Método & Disciplina

Bruno Barreto mostrou confiar no seu taco de diretor ao decidir fazer o filme “Última parada 174”, depois do grande sucesso do documentário de José Padilha sobre o mesmo tema. Digo isso, porque, por mais que difiram na forma, os dois longas-metragens seriam fatalmente comparados. No entanto, Barreto partiu justamente de um dos depoimentos de “Ônibus 174” para desenvolver a história de Sandro do Nascimento, o sobrevivente da Chacina da Candelária que, sete anos depois, em junho de 2000, tomou como reféns onze passageiros do coletivo da linha Gávea- Central do Brasil, o 174.

O testemunho da doméstica que decidiu adotar Sandro, já quase adulto – e que foi a única pessoa presente ao seu enterro, inspirou o fio da trama que percorre a biografia romanceada do rapaz. O filme começa no dia em que Sandro, aos nove anos, vê sua mãe assassinada a facadas no chão do seu próprio bar, em São Gonçalo. A partir daí, ele foge da casa da tia, ganha as ruas, entra nas drogas, cai no crime, passa por instituições de menores, apaixona-se, vira assaltante e morre no desfecho trágico do seqüestro que paralisou, por cinco horas, a Zona Sul do Rio de Janeiro.

Jean-Luc Godard disse, certa vez, que, para ser bom, um documentário deve parecer um filme de ficção, e vice-versa. Aí reside a desvantagem da obra de Bruno Barreto na comparação entre as duas produções. Padilha montou imagens do seqüestro (gravadas por emissoras de televisão), depoimentos de especialistas e entrevistas com pessoas que conviveram com Sandro de forma que seu documentário seguisse a curva dramática da narrativa do gênero policial. Desta forma, ao apostar na tensão da evolução dos fatos, ele mantém o suspense do seqüestro enquanto traça o perfil do seqüestrador. Já Bruno Barreto adota o desenho da narrativa linear para contar a vida de Sandro do Nascimento. Desta forma, dilui a carga dramática de uma história que, apesar de real, não surpreende. Até mesmo porque tem um final amplamente conhecido.

Há também no filme de Barreto algumas associações desnecessárias, como um copo quebrado toda vez que Sandro vai se “dar mal” (como aconteceu no dia em que ele viu a mãe morta). É um recurso precário para alcançar a dimensão psicológica do personagem, e acaba por esvaziar o impacto da brutalidade que cerca o cotidiano de um menino de rua.

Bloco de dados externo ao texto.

-- ===== src/KAnonymity/Release.antt =====
-- What an enforcer releases, and what its audit log keeps.
use angavu_intelligence_back.Common.{
  ℕ, ◌%◌, ◌^◌, ◌≤◌, ◌<◌, ◌≡◌, refl, max, Bool, true, false, not, Option, none, some, List, [], ◌∷◌,
  ◌++◌, String, length, length-append, length-trim, drop-concat, leb, if◌then◌else◌, arith,
}
use angavu_intelligence_back.KAnonymity.{
  KAnonymityEnforcer, KAnonymityResult, KAnonymityAuditRecord, Reason, below_threshold, new,
  log_decision, enforce_with_audit, enforce_batch_with_audit, recent_audit, make_room,
  min_k_anonymity,
}

pub record IsValid (e : KAnonymityEnforcer) : Type 0 where
  pub floor : min_k_anonymity ≤ e.k
  pub bounded : length e.audit_log ≤ 1000

pub new-IsValid : (k : ℕ) → IsValid (new k)
unfolding new
new-IsValid k = omega arith

-- The decision that the documentation promises: release at k individuals or more.
abbrev verdict {ℓ} : {T : Type ℓ} → ℕ → T → ℕ → KAnonymityResult T
verdict k value size =
    if leb k size
    then record { released = some value; k_anonymity = k; suppressed = false; reason = none }
    else record {
      released = none;
      k_anonymity = k;
      suppressed = true;
      reason = some (below_threshold size k);
    }

abbrev pub verdicts {ℓ} : {T : Type ℓ} → ℕ → List (ℕ × String × T × ℕ) → List (KAnonymityResult T)
verdicts k [] = []
verdicts k ((_, _, value, size) ∷ rs) = verdict k value size ∷ verdicts k rs

log_decision-IsValid :
    (now : ℕ) (key : String) (size : ℕ) (endpoint : String) (allowed : Bool)
    (reason : Option Reason) (e : KAnonymityEnforcer)
    → IsValid e
    → IsValid (log_decision now key size endpoint allowed reason e)
unfolding log_decision
log_decision-IsValid now key size endpoint allowed reason e h = record {
  floor = h.floor;
  bounded = omega (
    arith,
    length-append {0},
    length-trim 1000 500 e.audit_log (omega arith) (omega arith) h.bounded,
  );
}

module _ {ℓ} {T : Type ℓ} where
  enforce-IsValid :
      (now : ℕ) (key : String) (value : T) (size : ℕ) (endpoint : String) (e : KAnonymityEnforcer)
      → IsValid e
      → IsValid (enforce_with_audit now key value size endpoint e).0
  unfolding enforce_with_audit
  enforce-IsValid now key value size endpoint e h = ground (
    arith,
    log_decision-IsValid now key size endpoint true none e h,
    log_decision-IsValid now key size endpoint false (some (below_threshold size e.k)) e h,
  )

  enforce-verdict :
      (now : ℕ) (key : String) (value : T) (size : ℕ) (endpoint : String) (e : KAnonymityEnforcer)
      → e.k < 2 ^ 32
      → let (e', r) = enforce_with_audit now key value size endpoint e in
        (r ≡ verdict e.k value size) × (e'.k ≡ e.k)
  unfolding enforce_with_audit
  enforce-verdict now key value size endpoint e h = ground arith

  -- A batch answers each element by its own cohort size, for an enforcer with a threshold below
  -- 2^32: the value at k individuals or more, and otherwise the reason and no value.
  pub enforce_batch-verdicts :
      (endpoint : String) (rs : List (ℕ × String × T × ℕ)) (e : KAnonymityEnforcer)
      → e.k < 2 ^ 32
      → (enforce_batch_with_audit endpoint rs e).1 ≡ verdicts e.k rs
  unfolding enforce_batch_with_audit
  enforce_batch-verdicts endpoint [] e h = refl
  enforce_batch-verdicts endpoint ((now, key, value, size) ∷ rs) e h =
      let e' = (enforce_with_audit now key value size endpoint e).0 in
      ground (
        arith,
        enforce-verdict now key value size endpoint e h,
        enforce_batch-verdicts endpoint rs e',
      )

  -- Whatever the batch, a valid enforcer stays valid: the threshold is never below 10, and the audit
  -- log never holds more than 1000 entries.
  pub enforce_batch-IsValid :
      (endpoint : String) (rs : List (ℕ × String × T × ℕ)) (e : KAnonymityEnforcer)
      → IsValid e
      → IsValid (enforce_batch_with_audit endpoint rs e).0
  unfolding enforce_batch_with_audit
  enforce_batch-IsValid endpoint [] e h = h
  enforce_batch-IsValid endpoint ((now, key, value, size) ∷ rs) e h =
      enforce_batch-IsValid endpoint rs (enforce_with_audit now key value size endpoint e).0
        (enforce-IsValid now key value size endpoint e h)

  -- With a threshold below 2^32, a value that an enforcer built by `new` releases stands for at
  -- least 10 individuals and at least as many as were asked for, and it is the value handed in.
  pub enforce-floor :
      (k now : ℕ) (key : String) (value v : T) (size : ℕ) (endpoint : String)
      → max k min_k_anonymity < 2 ^ 32
      → (enforce_with_audit now key value size endpoint (new k)).1.released ≡ some v
      → (min_k_anonymity ≤ size) × (k ≤ size) × (v ≡ value)
  unfolding new
  enforce-floor k now key value v size endpoint h r =
      ground (arith, enforce-verdict now key value size endpoint (new k) h)

  -- The threshold is compared after a cast to 32 bits: where it is a multiple of 2^32, every value is
  -- released, whatever the size of its cohort.
  pub enforce-cast :
      (now : ℕ) (key : String) (value : T) (size : ℕ) (endpoint : String) (e : KAnonymityEnforcer)
      → e.k % 2 ^ 32 ≡ 0
      → (enforce_with_audit now key value size endpoint e).1.released ≡ some value
  unfolding enforce_with_audit
  enforce-cast now key value size endpoint e h = ground arith

  abbrev pub entry_of :
      ℕ → String → ℕ → String → KAnonymityEnforcer → KAnonymityResult T → KAnonymityAuditRecord
  entry_of now key size endpoint e r = record {
    timestamp = now;
    cohort_key = key;
    sample_size = size;
    threshold = e.k;
    allowed = not r.suppressed;
    endpoint = endpoint;
    reason = r.reason;
  }

  audit_log-enforce :
      (now : ℕ) (key : String) (value : T) (size : ℕ) (endpoint : String) (e : KAnonymityEnforcer)
      → let (e', r) = enforce_with_audit now key value size endpoint e in
        e'.audit_log ≡ make_room e.audit_log ++ entry_of now key size endpoint e r ∷ []
  unfolding enforce_with_audit
  audit_log-enforce now key value size endpoint e = ground arith

  -- The newest entry of the audit log is the decision just taken: it names the time, the cohort, its
  -- size, the threshold and the endpoint, is marked allowed exactly when the value was not
  -- suppressed, and has the reason of the answer.
  pub recent_audit-enforce :
      (now : ℕ) (key : String) (value : T) (size : ℕ) (endpoint : String) (e : KAnonymityEnforcer)
      → let (e', r) = enforce_with_audit now key value size endpoint e in
        recent_audit 1 e' ≡ entry_of now key size endpoint e r ∷ []
  unfolding recent_audit
  recent_audit-enforce now key value size endpoint e =
      rw (audit_log-enforce now key value size endpoint e) (drop-concat (make_room e.audit_log) _)
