-- ===== src/KAnonymity/Tests.antt =====
-- Examples for the enforcer: a batch of two prices, and four small cohorts.
use angavu_intelligence_back.Common.{ℕ, ◌^◌, ◌≡◌, refl, some, List, [], ◌∷◌, String, arith}
use angavu_intelligence_back.KAnonymity
use angavu_intelligence_back.KAnonymity.{
  KAnonymityEnforcer, enforce_with_audit, enforce_batch_with_audit, recent_audit, min_k_anonymity,
}
use angavu_intelligence_back.KAnonymity.Release.{IsValid, verdicts, enforce_batch-verdicts}
use angavu_intelligence_back.KAnonymity.Cohorts.{Cohorts, get, merge_small_cohorts}
use angavu_intelligence_back.KAnonymity.Merge.{merge_small_cohorts-lost}
use angavu_intelligence_back.KAnonymity.Conserve.{
  Distinct, occurrences, merge_small_cohorts-occurrences,
}

abbrev enforcer : KAnonymityEnforcer
enforcer = record { k = 10; cohort_sizes = []; audit_log = [] }

enforcer-IsValid : IsValid enforcer
enforcer-IsValid = record { floor = omega arith; bounded = omega arith }

abbrev prices : List (ℕ × String × ℕ × ℕ)
prices = (1, "nairobi|maize", 4200, 25) ∷ (2, "kisumu|beans", 9100, 4) ∷ []

enforce_batch-verdicts_example :
    (enforce_batch_with_audit "/prices" prices enforcer).1 ≡ verdicts enforcer.k prices
enforce_batch-verdicts_example = enforce_batch-verdicts "/prices" prices enforcer (omega arith)

abbrev price : ℕ
price = 4200

released_price :
    (enforce_with_audit 1 "nairobi|maize" price 25 "/prices" (KAnonymity.new 5)).1.released
    ≡ some price
unfolding enforce_with_audit KAnonymity.new
released_price = refl

abbrev overflowing : KAnonymityEnforcer
overflowing = record { k = 2 ^ 32; cohort_sizes = []; audit_log = [] }

abbrev trio : KAnonymityEnforcer
trio = record { k = 3; cohort_sizes = []; audit_log = [] }

abbrev pairs : Cohorts
pairs = ("a|x", "p1" ∷ "p2" ∷ []) ∷ ("a|y", "p3" ∷ "p4" ∷ []) ∷ []

abbrev mixed : Cohorts
mixed = ("a|x", "p1" ∷ "p2" ∷ []) ∷ ("a|y", "p3" ∷ "p4" ∷ "p1" ∷ []) ∷ []

merge_small_cohorts-lost_example : merge_small_cohorts trio pairs ≡ []
merge_small_cohorts-lost_example =
    merge_small_cohorts-lost trio pairs (omega arith, (omega arith, tt))

mixed-Distinct : Distinct mixed
mixed-Distinct = ((refl, tt), (tt, tt))

large_cohort : get "a|y" mixed ≡ some ("p3" ∷ "p4" ∷ "p1" ∷ [])
unfolding get
large_cohort = refl

merge_small_cohorts-occurrences_example :
    occurrences "p1" (merge_small_cohorts trio mixed) ≡ occurrences "p1" mixed
merge_small_cohorts-occurrences_example =
    merge_small_cohorts-occurrences trio mixed "a|y" "p1" ("p3" ∷ "p4" ∷ "p1" ∷ []) mixed-Distinct
      large_cohort (omega arith)
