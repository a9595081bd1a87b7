-- ===== src/MessageBus.antt =====
-- rust-api/src/orchestrator/message_bus.rs: the messages, and what the bus reads of them. The rest of a
-- message, which it passes on unread, is one payload. A severity is in thousandths, in place of an f64.
use angavu_intelligence_back.Common.{
  ℕ, Bool, true, false, Option, some, none, List, String, ltb, ◌==◌, if◌then◌else◌,
}
pub mod Bus
pub mod Audit
pub mod Pressure
pub mod Fate
mod Tests

pub data ModuleId : Type 0 where
  orchestrator market_analyzer credit_scorer distribution_analyzer fmcg_intelligence : ModuleId
  health_metrics economic_analyzer collective_intelligence api_gateway : ModuleId
  service_price_discovery gender_inequality occupation_hazard_matrix health_economics : ModuleId
  trade_gravity fiscal_impact market_concentration property_rights governance_quality : ModuleId

-- The place of a module in the enumeration.
unfoldable pub index : ModuleId → ℕ
index orchestrator = 0
index market_analyzer = 1
index credit_scorer = 2
index distribution_analyzer = 3
index fmcg_intelligence = 4
index health_metrics = 5
index economic_analyzer = 6
index collective_intelligence = 7
index api_gateway = 8
index service_price_discovery = 9
index gender_inequality = 10
index occupation_hazard_matrix = 11
index health_economics = 12
index trade_gravity = 13
index fiscal_impact = 14
index market_concentration = 15
index property_rights = 16
index governance_quality = 17

abbrev pub same_module : ModuleId → ModuleId → Bool
same_module a b = index a == index b

pub data Priority : Type 0 where
  low normal high critical : Priority

module _ (A : Type 0) where
  -- A message with its `trace_id`, what else the bus reads, and the payload.
  pub data ModuleMessage : Type 0 where
    transaction_batch : String → A → ModuleMessage
    market_signal : String → A → ModuleMessage
    credit_assessment : String → A → ModuleMessage
    distribution_gap : String → A → ModuleMessage
    fmcg_report : String → A → ModuleMessage
    health_assessment : String → A → ModuleMessage
    economic_indicator : String → A → ModuleMessage
    -- With the source module and the severity.
    anomaly_alert : String → ModuleId → ℕ → A → ModuleMessage
    emergent_pattern : String → A → ModuleMessage
    route_command : String → Priority → A → ModuleMessage
    service_price_broadcast : String → A → ModuleMessage
    service_market_signal : String → A → ModuleMessage
    heartbeat : ModuleId → A → ModuleMessage

-- `Uuid::nil()`
abbrev pub nil_id : String
nil_id = "00000000-0000-0000-0000-000000000000"

module _ {A : Type 0} where
  unfoldable pub extract_trace_id : ModuleMessage A → String
  extract_trace_id (transaction_batch id _) = id
  extract_trace_id (market_signal id _) = id
  extract_trace_id (credit_assessment id _) = id
  extract_trace_id (distribution_gap id _) = id
  extract_trace_id (fmcg_report id _) = id
  extract_trace_id (health_assessment id _) = id
  extract_trace_id (economic_indicator id _) = id
  extract_trace_id (anomaly_alert id _ _ _) = id
  extract_trace_id (emergent_pattern id _) = id
  extract_trace_id (route_command id _ _) = id
  extract_trace_id (service_price_broadcast id _) = id
  extract_trace_id (service_market_signal id _) = id
  extract_trace_id (heartbeat _ _) = nil_id

  unfoldable pub message_type_name : ModuleMessage A → String
  message_type_name (transaction_batch _ _) = "TransactionBatch"
  message_type_name (market_signal _ _) = "MarketSignal"
  message_type_name (credit_assessment _ _) = "CreditAssessment"
  message_type_name (distribution_gap _ _) = "DistributionGap"
  message_type_name (fmcg_report _ _) = "FMCGReport"
  message_type_name (health_assessment _ _) = "HealthAssessment"
  message_type_name (economic_indicator _ _) = "EconomicIndicator"
  message_type_name (anomaly_alert _ _ _ _) = "AnomalyAlert"
  message_type_name (emergent_pattern _ _) = "EmergentPattern"
  message_type_name (route_command _ _ _) = "RouteCommand"
  message_type_name (service_price_broadcast _ _) = "ServicePriceBroadcast"
  message_type_name (service_market_signal _ _) = "ServiceMarketSignal"
  message_type_name (heartbeat _ _) = "Heartbeat"

  unfoldable pub extract_source_module : ModuleMessage A → ModuleId
  extract_source_module (transaction_batch _ _) = api_gateway
  extract_source_module (market_signal _ _) = market_analyzer
  extract_source_module (credit_assessment _ _) = credit_scorer
  extract_source_module (distribution_gap _ _) = distribution_analyzer
  extract_source_module (fmcg_report _ _) = fmcg_intelligence
  extract_source_module (health_assessment _ _) = health_metrics
  extract_source_module (economic_indicator _ _) = economic_analyzer
  extract_source_module (anomaly_alert _ source _ _) = source
  extract_source_module (emergent_pattern _ _) = collective_intelligence
  extract_source_module (route_command _ _ _) = orchestrator
  extract_source_module (service_price_broadcast _ _) = api_gateway
  extract_source_module (service_market_signal _ _) = service_price_discovery
  extract_source_module (heartbeat module_id _) = module_id

  unfoldable pub extract_priority : ModuleMessage A → Priority
  extract_priority (anomaly_alert _ _ severity _) =
      if ltb 800 severity then critical else if ltb 500 severity then high else normal
  extract_priority (route_command _ priority _) = priority
  extract_priority (heartbeat _ _) = low
  extract_priority _ = normal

Mas esses são pecadilhos não chegam a comprometer “Última parada 174”. Pesa mais a favor do filme o olhar humano que o diretor lança sobre a questão da violência que, no Rio de Janeiro, e nesse caso específico, transborda da favela para o asfalto. Quase sempre provocando reações irracionais, quando não raivosas, do lado de cá da cidade.

Ao desprezar o preto no branco das explicações simplistas para problemas complicados, e observar nuances no enfoque de personagens marginais, Bruno Barreto mostra sensibilidade social e atenção ao mundo que o cerca, dando um belo exemplo de não-indiferença. Ao adotar um ritmo que favorece a reflexão, ele esmiúça a condição existencial de um garoto que, como tantos outros, não perdeu uma única oportunidade de fazer a coisa errada.

Contada desta forma, sem se arrogar o direito de apontar para o que é certo e o que é errado, a história de Sandro do Nascimento por Bruno Barreto focaliza a gênese de um tipo de delinqüência que, pelas circunstâncias invariavelmente adversas, grassa nas áreas mais carentes da cidade: a combinação de baixa escolaridade com alto consumo de drogas.

A título de ilustrar essa teoria, lembro a resposta de Mick Jagger para o repórter que quis saber como ele conseguiu ultrapassar, sem grandes derrapadas, a fase de excessos de sexo e drogas que costuma vir junto com o sucesso no mundo do rock’n roll. O bardo inglês respondeu que teve uma infância muito simples, beirando mesmo a pobreza, mas que recebera como herança um legado de valor inestimável. Seus pais, professores primários, deram-lhe, desde cedo, método e disciplina.